AArnott commented 2 years ago

That helps, thank you. I didn't realize the calling convention was embedded in the method signature in a way that an IL decompiler wouldn't reveal it. The blog post link was also very useful. So, what exactly defines a struct? Evidently HRESULT doesn't qualify as a struct. I'll need to know from a .NET perspective how to read the metadata return type and decide whether it needs this special treatment. In .NET, every value-type is a struct (even int and HRESULT), so clearly we're operating with some other definition of struct for purposes of this conversation.

Also, most of this discussion and the entire blog post seems to center around x86 rules. What does that mean for x64 and arm64 architectures? Should I not transform the method signature for those cases? Is it allowed but not required? If the transformation is required and allowed only for x86, I guess that effectively makes any COM interface that includes struct-returning methods to be arch-specific, making them unavailable to AnyCPU compilations.
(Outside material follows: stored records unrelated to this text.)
-- ===== src/Tests/Documents.antt =====
-- yjs/yjs-doc-manager.ts on documents that are lists of changes.
use aideep_backend.Common.{◌≡◌, refl, [], ◌∷◌, none, some}
use aideep_backend.Samples.Docs.{lists, idle_manager, idle_manager-IsSafe}
use aideep_backend.Yjs.Manager.{
  Manager, ManagedDoc, managed, get_or_create_doc, add_client, apply_update, evict_doc,
}
use aideep_backend.Yjs.Manager.Reach.{
  stay, next, opens, joins, changes, Reach-IsSafe, evict_doc-roundtrip,
}
use aideep_backend.Yjs.Manager.Safety.{IsSafe}
use aideep_backend.Yjs.Manager.Stopping.{started, on_module_destroy, on_module_destroy-roundtrip}
use aideep_backend.Yjs.Manager.Steps.{HasClient}

abbrev opened : Manager lists
opened = get_or_create_doc lists "n" "w" idle_manager

abbrev joined : Manager lists
joined = add_client lists "n" "s" opened

abbrev edited : Manager lists
edited = apply_update lists "n" ("new" ∷ []) joined

joined-HasClient : HasClient lists joined "n"
unfolding get_or_create_doc add_client
joined-HasClient d e none_left = absurd (cc (e, none_left))

Reach-IsSafe_example : IsSafe lists edited
Reach-IsSafe_example = Reach-IsSafe lists idle_manager-IsSafe (
    next (next (next stay (opens "n" "w")) (joins "n" "s"))
      (changes "n" ("new" ∷ []) joined-HasClient))

opened-IsSafe : IsSafe lists opened
opened-IsSafe = Reach-IsSafe lists idle_manager-IsSafe (next stay (opens "n" "w"))

abbrev loaded : ManagedDoc lists
loaded = record {
  doc = "old" ∷ [];
  clients = [];
  workspace_id = "w";
  save_timer = none;
  idle_timer = none;
  last_activity = 0;
}

evict_doc-roundtrip_example :
    (managed lists (evict_doc lists "n" opened) "n" ≡ none)
    × ((e : ManagedDoc lists) × (managed lists
            (get_or_create_doc lists "n" "w" (evict_doc lists "n" opened))
            "n"
          ≡ some e)
        × (e.doc ≡ loaded.doc))
unfolding get_or_create_doc
evict_doc-roundtrip_example =
    evict_doc-roundtrip lists "n" "w" loaded opened opened-IsSafe refl refl

on_module_destroy-roundtrip_example :
    ((on_module_destroy lists opened).docs ≡ [])
    × ((e : ManagedDoc lists) × (managed lists
            (get_or_create_doc lists "n" "w"
              (started lists 5 (on_module_destroy lists opened).stores))
            "n"
          ≡ some e)
        × (e.doc ≡ loaded.doc))
unfolding get_or_create_doc
on_module_destroy-roundtrip_example =
    on_module_destroy-roundtrip lists 5 "n" "w" loaded opened refl refl
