-- ===== src/Tests/Graph.antt =====
-- The graph of the sample board.
use aideep_backend.Common.{String, ◌≢◌, ap, [], ◌∷◌, ◌==◌, Memᴰ-nil, eq-cases, inl, inr, ⊎_elim}
use aideep_backend.Edge.Acyclic.{IsAcyclic-nil, IsAcyclic-extended}
use aideep_backend.Edge.Graph.{AllAcyclic, workspace_links}
use aideep_backend.Edge.Walk.{link, Walk, Walk-head, IsAcyclic}
use aideep_backend.Samples.Tables.{sample}
use aideep_backend.Samples.Worlds.{board}

no-Walk : (a b : String) → a ≢ b → ¬ Walk [] a b
no-Walk a b differ w = ⊎_elim differ (λ (c, e, rest). Memᴰ-nil (link a c) e) (Walk-head w)

b_apart : ◌≢◌ {A = String} "b" "a"
b_apart e = absurd (cc (ap (λ (x : String). x == "a") e))

pub one_edge-IsAcyclic : IsAcyclic (link "a" "b" ∷ [])
one_edge-IsAcyclic = IsAcyclic-extended [] "a" "b" IsAcyclic-nil (no-Walk "b" "a" b_apart)

pub board-AllAcyclic : AllAcyclic sample board.edges
board-AllAcyclic ws = elim (eq-cases "w" ws) [
  | inl (t, _) ↦ rw (t, workspace_links) one_edge-IsAcyclic
  | inr (f, _) ↦ rw (f, workspace_links) IsAcyclic-nil
]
riverar commented 2 years ago

Heads up: The instance keyword in instance valuetype Windows.Win32.Graphics.Direct3D12.D3D12_HEAP_DESC GetDesc() cil managed maps to HASTHIS.

For the implementation side of that special return type rule, a decent heuristic might be to count the number of fields. If it's 2+, then do the dance. This will fail in cases where the struct contains tiny fields that all fit in a single register, or if one of the fields is a struct itself... but skimming the handful of affected COM methods that return structs, this doesn't seem to ever be the case.

Alternatively, you could check if the return type is a struct and isn't annotated with [NativeTypeDef]. Kenny does this in the Rust world and it has proven to be good enough thus far.

Or maybe even a Marshal.SizeOf<T>() > IntPtr.Size check could hold water. Just thinking out loud.

AArnott commented 2 years ago

you could check if the return type is a struct and isn't annotated with [NativeTypeDef].

I think I'll go with that. But I'll have to modify it to also disregard primitive types since int is a struct and I'm sure it isn't meant to fall into this category. I just wish I knew what might make a good set of 'primitives' to disregard.

mikebattista commented 1 year ago

Did we conclude that this issue can be closed?

AArnott commented 1 year ago

I'd love to get an answer to my questions in the second paragraph of https://github.com/microsoft/win32metadata/issues/636#issuecomment-1280872630 first.

kennykerr commented 1 year ago

For non-x86 the transformation is allowed because it effectively results in the same stack/register layout. For Rust for example, I just perform the transformation for all targets (x86, x64, ARM64) and it works everywhere.

AArnott commented 1 year ago

Thanks. I support closing this issue.